Umashanger Thayasivam has completed his PhD from the University of Georgia in 2009. He is currently working as an Associate Professor of Statistics at Rowan University, Mathematics Department. His interdisciplinary research spans diverse areas including data mining, robust estimation and network security. He collaborated with Biomarker Discovery Center at Rowan School of Osteopathic Medicine and optimizing and verifying the utility of autoantibody biomarkers for early diagnosis. He has published several papers in reputed journals and conference proceeedings. He has been PI/co-PI for several internal and external grants. He won the Best Research Paper Award for his work on robust estimation (GSTF 2017).

Abstract:

Analyzing biomarkers is a rapidly emerging study that helps answering a wide range of biological questions. Modern biology has experienced an increasing use of data mining techniques for large scale and complex biomarker analysis. There is an urgent need to identify biomarkers that can accurately detect and diagnose rare diseases. One of its greatest potentials is, the development of criteria that allow us to diagnose a disease or to classify patients according to their risk for a clinical outcome of interest. Metabolite profiling data and omics data in general, pose several statistical challenges for classification and prediction. Metabolomics, like most ‘omics’ technologies, suffer from the problem of having huge quantities of data without the ability to efficiently process them and gain valuable knowledge.

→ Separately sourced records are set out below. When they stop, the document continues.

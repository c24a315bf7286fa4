-- ===== src/Trace/Reader/Knowledge.antt =====
-- Reading decisions, constraints, assumptions and lessons back
-- (trace/src/orxtra/trace/_memory_backend.py).
use orxtra.Prelude.{
  ℕ, String, Bool, not, ◌&&◌, Option, List, map, reverse, ◌==◌, nat_eq, string_eq, any, filter,
  take, contains, matches_option,
}
use orxtra.Trace.Rows.{Uuid, Time, Decision, Constraint, Assumption, Lesson}
use orxtra.Trace.Store.{Store}

pub record DecisionView : Type 0 where
  pub id : Uuid
  pub decision_type : String
  pub choice : String
  pub rationale : Option String
  pub created_at : Time

pub record ConstraintView : Type 0 where
  pub id : Uuid
  pub text : String
  pub tier : String
  pub is_active : Bool
  pub created_at : Time

pub record AssumptionView : Type 0 where
  pub id : Uuid
  pub text : String
  pub status : String
  pub scope : String
  pub inbox_item_id : Option Uuid
  pub created_at : Time

pub record LessonView : Type 0 where
  pub id : Uuid
  pub text : String
  pub relevance_tags : List String
  pub permanent : Bool
  pub source_file : Option String
  pub created_at : Time

-- Inactive constraints are not left out.
unfoldable pub read_active_constraints : (run_id : Uuid) → Store → List Constraint
read_active_constraints run_id s = filter (λ (c : Constraint). c.run_id == run_id) s.constraints

abbrev decision_view : Decision → DecisionView
decision_view d = record {
  id = d.id;
  decision_type = d.decision_type;
  choice = d.choice;
  rationale = d.rationale;
  created_at = d.created_at;
}

-- The newest first, up to the limit.
unfoldable pub read_decisions : (run_id : Uuid) (limit : ℕ) → Store → List DecisionView
read_decisions run_id limit s =
    map decision_view
      (take limit (reverse (filter (λ (d : Decision). d.run_id == run_id) s.decisions)))

abbrev constraint_view : Constraint → ConstraintView
constraint_view c = record {
  id = c.id;
  text = c.text;
  tier = c.tier;
  is_active = c.is_active;
  created_at = c.created_at;
}

abbrev pub is_read_constraint : Uuid → (active_only : Bool) → Constraint → Bool
is_read_constraint run_id active_only c = c.run_id == run_id && not (active_only && not c.is_active)

unfoldable pub read_constraints : (run_id : Uuid) (active_only : Bool) → Store → List ConstraintView
read_constraints run_id active_only s =
    map constraint_view (filter (is_read_constraint run_id active_only) (reverse s.constraints))

abbrev assumption_view : Assumption → AssumptionView
assumption_view a = record {
  id = a.id;
  text = a.text;
  status = a.status;
  scope = a.scope;
  inbox_item_id = a.inbox_item_id;
  created_at = a.created_at;
}

unfoldable pub read_assumptions :
    (run_id : Uuid) (status : Option String) → Store → List AssumptionView
read_assumptions run_id status s = map assumption_view (
    filter (λ (a : Assumption). a.run_id == run_id && matches_option (λ t. a.status == t) status)
      (reverse s.assumptions))

abbrev lesson_view : Lesson → LessonView
lesson_view l = record {
  id = l.id;
  text = l.text;
  relevance_tags = l.relevance_tags;
  permanent = l.permanent;
  source_file = l.source_file;
  created_at = l.created_at;
}

-- `tag_set & set(lesson_tags)` is not empty.
abbrev pub shares_tag : List String → Lesson → Bool
shares_tag tags l = any (λ tag. contains tags tag) l.relevance_tags

unfoldable pub query_relevant_lessons : (tags : List String) → Store → List LessonView
query_relevant_lessons tags s = map lesson_view (filter (shares_tag tags) (reverse s.lessons))

abbrev pub is_queried_lesson : Option Uuid → Option (List String) → Bool → Lesson → Bool
is_queried_lesson run_id tags permanent_only l =
    matches_option (λ r. l.run_id == r) run_id
    && not (permanent_only && not l.permanent)
    && matches_option (λ wanted. shares_tag wanted l) tags

unfoldable pub query_lessons :
    (run_id : Option Uuid) (tags : Option (List String)) (permanent_only : Bool)
    → Store
    → List LessonView
query_lessons run_id tags permanent_only s =
    map lesson_view (filter (is_queried_lesson run_id tags permanent_only) (reverse s.lessons))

Random Forest (RF) technique, which includes an ensemble of decision trees and incorporates feature selections and interactions naturally within the learning process, is a popular choice for omics data. Recent work in computational biology has shown an increased use of random forest, owing to its unique advantages in dealing with small sample. The focus of this presentation is two-fold. First, to provide an overview of data mining in particlulur Random Forest (RF) technique in biomarker discovery, including feature selection. Second, to briefly introduce application by presenting results from different biomarker studies.